* _Task brief_:
Give back all the data exactly as it was written.

+++

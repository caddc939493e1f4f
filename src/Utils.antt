-- ===== src/Utils.antt =====
-- utils.js of src/console/jsre/deps/web3.js: padding, hexadecimal texts and numbers. `none` is an
-- exception. A JavaScript number is an integer here. Its children are the addresses and the units.
pub mod Address
pub mod Checksum
pub mod Units
pub mod Conversion
mod Tests
use ultron.Prelude.{
  ℕ, suc, ◌+◌, ◌-◌, Bool, true, false, not, ◌||◌, Option, none, some, List, [], ◌∷◌, ◌++◌, map,
  if◌then◌else◌, ltb, leb, ◌==◌, length, take, drop, replicate,
}
use mathlib.Core.Option
use ultron.Prelude.Int.{ℤ, pos}
use ultron.Text.{Text, codes, starts_with, contains, all}
use ultron.Text.Number.{int, number_text}
use ultron.Text.Radix.{digits, value, is_digit_of, digit_value}
use ultron.BigNumber.{BigNumber}

-- new Array(chars - length + 1).join(sign): an array has no negative length.
unfoldable pub pad_left : Text → ℕ → ℕ → Option Text
pad_left string chars sign =
    if leb (length string) (chars + 1)
    then some (replicate (chars - length string) sign ++ string)
    else none

unfoldable pub pad_right : Text → ℕ → ℕ → Option Text
pad_right string chars sign =
    if leb (length string) (chars + 1)
    then some (string ++ replicate (chars - length string) sign)
    else none

-- A character code in at least two hexadecimal digits.
unfoldable pub hex_code : ℕ → Text
hex_code c = let n = digits 16 c in if ltb (length n) 2 then b'0' ∷ n else n

unfoldable pub from_ascii_body : Text → Text
from_ascii_body [] = []
from_ascii_body (c ∷ s) = hex_code c ++ from_ascii_body s

unfoldable pub from_ascii : Text → Text
from_ascii str = codes "0x" ++ from_ascii_body str

-- parseInt(s, 16) of at most two characters, `none` for NaN. White space and signs, which parseInt
-- accepts in front, are left out.
unfoldable pub hex_pair : Text → Option ℕ
hex_pair [] = none
hex_pair (a ∷ s) =
    if is_digit_of 16 a
    then some (if all (is_digit_of 16) s then value 16 (a ∷ s) else digit_value a)
    else none

unfoldable pub hex_pairs : Text → List (Option ℕ)
hex_pairs [] = []
hex_pairs (a ∷ []) = hex_pair (a ∷ []) ∷ []
hex_pairs (a ∷ b ∷ s) = hex_pair (a ∷ b ∷ []) ∷ hex_pairs s

-- String.fromCharCode takes NaN as 0.
abbrev pub char_code : Option ℕ → ℕ
char_code none = 0
char_code (some c) = c

abbrev pub without_0x : Text → Text
without_0x s = if starts_with (codes "0x") s then drop 2 s else s

unfoldable pub to_ascii : Text → Text
to_ascii hex = map char_code (hex_pairs (without_0x hex))

unfoldable pub until_zero : Text → Text
until_zero [] = []
until_zero (c ∷ s) = if c == 0 then [] else c ∷ until_zero s

-- The loop stops at a code 0, not at NaN.
unfoldable pub codes_until_zero : List (Option ℕ) → Text
codes_until_zero [] = []
codes_until_zero (none ∷ cs) = 0 ∷ codes_until_zero cs
codes_until_zero (some c ∷ cs) = if c == 0 then [] else c ∷ codes_until_zero cs

-- `encode` and `decode` are those of the package utf8.
unfoldable pub from_utf8 : (Text → Text) → Text → Text
from_utf8 encode str = codes "0x" ++ from_ascii_body (until_zero (encode str))

unfoldable pub to_utf8 : (Text → Text) → Text → Text
to_utf8 decode hex = decode (codes_until_zero (hex_pairs (without_0x hex)))

-- name.indexOf('('), counted from the front; `none` is -1.
unfoldable pub index_of : ℕ → Text → Option ℕ
index_of c [] = none
index_of c (d ∷ s) = if d == c then some 0 else Option.map suc (index_of c s)

unfoldable pub extract_display_name : Text → Text
extract_display_name name = elim (index_of b'(' name) [ none ↦ name | some i ↦ take i name ]

abbrev remove_space : Text → Text
remove_space [] = []
remove_space (c ∷ s) = if c == b' ' then s else c ∷ remove_space s

-- Only the first space goes.
unfoldable pub extract_type_name : Text → Text
extract_type_name name = elim (index_of b'(' name) [
  | none ↦ []
  | some i ↦ remove_space (take (length name - 1 - (i + 1)) (drop (i + 1) name))
]

abbrev pub join : List Text → Text
join [] = []
join (t ∷ []) = t
join (t ∷ u ∷ ts) = t ++ b',' ∷ join (u ∷ ts)

-- The name and the types of the inputs of a function or an event.
unfoldable pub transform_to_full_name : Text → List Text → Text
transform_to_full_name name types =
    if contains (codes "(") name then name else name ++ b'(' ∷ (join types ++ codes ")")

-- What is given for a number.
pub data Input (Big : Type 0) : Type 0 where
  big : Big → Input Big
  number : ℤ → Input Big
  text : Text → Input Big
  boolean : Bool → Input Big

module _ (b : BigNumber) where
  open b use {Big, of_text, to_text, plus, times, divided_by, round, is_negative}

  -- number.replace('0x', '') where the text begins with 0x or -0x
  abbrev of_hex : Text → Big
  of_hex s =
      if starts_with (codes "0x") s then of_text 16 (drop 2 s) else of_text 16 (b'-' ∷ drop 3 s)

  unfoldable pub to_big_number : Input Big → Big
  to_big_number (big x) = x
  to_big_number (number z) = of_text 10 (number_text (int z))
  to_big_number (text []) = of_text 10 (codes "0")
  to_big_number (text (c ∷ s)) =
      if starts_with (codes "0x") (c ∷ s) || starts_with (codes "-0x") (c ∷ s)
      then of_hex (c ∷ s)
      else of_text 10 (c ∷ s)
  to_big_number (boolean true) = of_text 10 (codes "true")
  to_big_number (boolean false) = of_text 10 (codes "0")

  unfoldable pub to_twos_complement : Input Big → Big
  to_twos_complement value_ =
      let big_number = round (to_big_number value_) in
      if is_negative big_number
      then plus (plus (of_text 16 (replicate 64 b'f')) big_number) (of_text 10 (codes "1"))
      else big_number

  unfoldable pub from_decimal : Input Big → Text
  from_decimal value_ =
      let result = to_text 16 (to_big_number value_) in
      if is_negative (to_big_number value_)
      then codes "-0x" ++ drop 1 result
      else codes "0x" ++ result

  -- `is_finite` is isFinite of a text. Objects other than big numbers are left out.
  unfoldable pub to_hex : (Text → Bool) → Input Big → Text
  to_hex is_finite (boolean true) = from_decimal (number (pos 1))
  to_hex is_finite (boolean false) = from_decimal (number (pos 0))
  to_hex is_finite (big x) = from_decimal (big x)
  to_hex is_finite (number z) = from_decimal (number z)
  to_hex is_finite (text s) =
      if starts_with (codes "-0x") s
      then from_decimal (text s)
      else if starts_with (codes "0x") s
      then s
      else if not (is_finite s)
      then from_ascii s
      else from_decimal (text s)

+++

* _Answer to the problem_:
repository caddc939493e1f4f
filename src/Utils.antt
-- ===== src/Utils.antt =====
-- utils.js of src/console/jsre/deps/web3.js: padding, hexadecimal texts and numbers. `none` is an
-- exception. A JavaScript number is an integer here. Its children are the addresses and the units.
pub mod Address
pub mod Checksum
pub mod Units
pub mod Conversion
mod Tests
use ultron.Prelude.{
  ℕ, suc, ◌+◌, ◌-◌, Bool, true, false, not, ◌||◌, Option, none, some, List, [], ◌∷◌, ◌++◌, map,
  if◌then◌else◌, ltb, leb, ◌==◌, length, take, drop, replicate,
}
use mathlib.Core.Option
use ultron.Prelude.Int.{ℤ, pos}
use ultron.Text.{Text, codes, starts_with, contains, all}
use ultron.Text.Number.{int, number_text}
use ultron.Text.Radix.{digits, value, is_digit_of, digit_value}
use ultron.BigNumber.{BigNumber}

-- new Array(chars - length + 1).join(sign): an array has no negative length.
unfoldable pub pad_left : Text → ℕ → ℕ → Option Text
pad_left string chars sign =
    if leb (length string) (chars + 1)
    then some (replicate (chars - length string) sign ++ string)
    else none

unfoldable pub pad_right : Text → ℕ → ℕ → Option Text
pad_right string chars sign =
    if leb (length string) (chars + 1)
    then some (string ++ replicate (chars - length string) sign)
    else none

-- A character code in at least two hexadecimal digits.
unfoldable pub hex_code : ℕ → Text
hex_code c = let n = digits 16 c in if ltb (length n) 2 then b'0' ∷ n else n

unfoldable pub from_ascii_body : Text → Text
from_ascii_body [] = []
from_ascii_body (c ∷ s) = hex_code c ++ from_ascii_body s

unfoldable pub from_ascii : Text → Text
from_ascii str = codes "0x" ++ from_ascii_body str

-- parseInt(s, 16) of at most two characters, `none` for NaN. White space and signs, which parseInt
-- accepts in front, are left out.
unfoldable pub hex_pair : Text → Option ℕ
hex_pair [] = none
hex_pair (a ∷ s) =
    if is_digit_of 16 a
    then some (if all (is_digit_of 16) s then value 16 (a ∷ s) else digit_value a)
    else none

unfoldable pub hex_pairs : Text → List (Option ℕ)
hex_pairs [] = []
hex_pairs (a ∷ []) = hex_pair (a ∷ []) ∷ []
hex_pairs (a ∷ b ∷ s) = hex_pair (a ∷ b ∷ []) ∷ hex_pairs s

-- String.fromCharCode takes NaN as 0.
abbrev pub char_code : Option ℕ → ℕ
char_code none = 0
char_code (some c) = c

abbrev pub without_0x : Text → Text
without_0x s = if starts_with (codes "0x") s then drop 2 s else s

unfoldable pub to_ascii : Text → Text
to_ascii hex = map char_code (hex_pairs (without_0x hex))

unfoldable pub until_zero : Text → Text
until_zero [] = []
until_zero (c ∷ s) = if c == 0 then [] else c ∷ until_zero s

-- The loop stops at a code 0, not at NaN.
unfoldable pub codes_until_zero : List (Option ℕ) → Text
codes_until_zero [] = []
codes_until_zero (none ∷ cs) = 0 ∷ codes_until_zero cs
codes_until_zero (some c ∷ cs) = if c == 0 then [] else c ∷ codes_until_zero cs

-- `encode` and `decode` are those of the package utf8.
unfoldable pub from_utf8 : (Text → Text) → Text → Text
from_utf8 encode str = codes "0x" ++ from_ascii_body (until_zero (encode str))

unfoldable pub to_utf8 : (Text → Text) → Text → Text
to_utf8 decode hex = decode (codes_until_zero (hex_pairs (without_0x hex)))

-- name.indexOf('('), counted from the front; `none` is -1.
unfoldable pub index_of : ℕ → Text → Option ℕ
index_of c [] = none
index_of c (d ∷ s) = if d == c then some 0 else Option.map suc (index_of c s)

unfoldable pub extract_display_name : Text → Text
extract_display_name name = elim (index_of b'(' name) [ none ↦ name | some i ↦ take i name ]

abbrev remove_space : Text → Text
remove_space [] = []
remove_space (c ∷ s) = if c == b' ' then s else c ∷ remove_space s

-- Only the first space goes.
unfoldable pub extract_type_name : Text → Text
extract_type_name name = elim (index_of b'(' name) [
  | none ↦ []
  | some i ↦ remove_space (take (length name - 1 - (i + 1)) (drop (i + 1) name))
]

abbrev pub join : List Text → Text
join [] = []
join (t ∷ []) = t
join (t ∷ u ∷ ts) = t ++ b',' ∷ join (u ∷ ts)

-- The name and the types of the inputs of a function or an event.
unfoldable pub transform_to_full_name : Text → List Text → Text
transform_to_full_name name types =
    if contains (codes "(") name then name else name ++ b'(' ∷ (join types ++ codes ")")

-- What is given for a number.
pub data Input (Big : Type 0) : Type 0 where
  big : Big → Input Big
  number : ℤ → Input Big
  text : Text → Input Big
  boolean : Bool → Input Big

module _ (b : BigNumber) where
  open b use {Big, of_text, to_text, plus, times, divided_by, round, is_negative}

  -- number.replace('0x', '') where the text begins with 0x or -0x
  abbrev of_hex : Text → Big
  of_hex s =
      if starts_with (codes "0x") s then of_text 16 (drop 2 s) else of_text 16 (b'-' ∷ drop 3 s)

  unfoldable pub to_big_number : Input Big → Big
  to_big_number (big x) = x
  to_big_number (number z) = of_text 10 (number_text (int z))
  to_big_number (text []) = of_text 10 (codes "0")
  to_big_number (text (c ∷ s)) =
      if starts_with (codes "0x") (c ∷ s) || starts_with (codes "-0x") (c ∷ s)
      then of_hex (c ∷ s)
      else of_text 10 (c ∷ s)
  to_big_number (boolean true) = of_text 10 (codes "true")
  to_big_number (boolean false) = of_text 10 (codes "0")

  unfoldable pub to_twos_complement : Input Big → Big
  to_twos_complement value_ =
      let big_number = round (to_big_number value_) in
      if is_negative big_number
      then plus (plus (of_text 16 (replicate 64 b'f')) big_number) (of_text 10 (codes "1"))
      else big_number

  unfoldable pub from_decimal : Input Big → Text
  from_decimal value_ =
      let result = to_text 16 (to_big_number value_) in
      if is_negative (to_big_number value_)
      then codes "-0x" ++ drop 1 result
      else codes "0x" ++ result

  -- `is_finite` is isFinite of a text. Objects other than big numbers are left out.
  unfoldable pub to_hex : (Text → Bool) → Input Big → Text
  to_hex is_finite (boolean true) = from_decimal (number (pos 1))
  to_hex is_finite (boolean false) = from_decimal (number (pos 0))
  to_hex is_finite (big x) = from_decimal (big x)
  to_hex is_finite (number z) = from_decimal (number z)
  to_hex is_finite (text s) =
      if starts_with (codes "-0x") s
      then from_decimal (text s)
      else if starts_with (codes "0x") s
      then s
      else if not (is_finite s)
      then from_ascii s
      else from_decimal (text s)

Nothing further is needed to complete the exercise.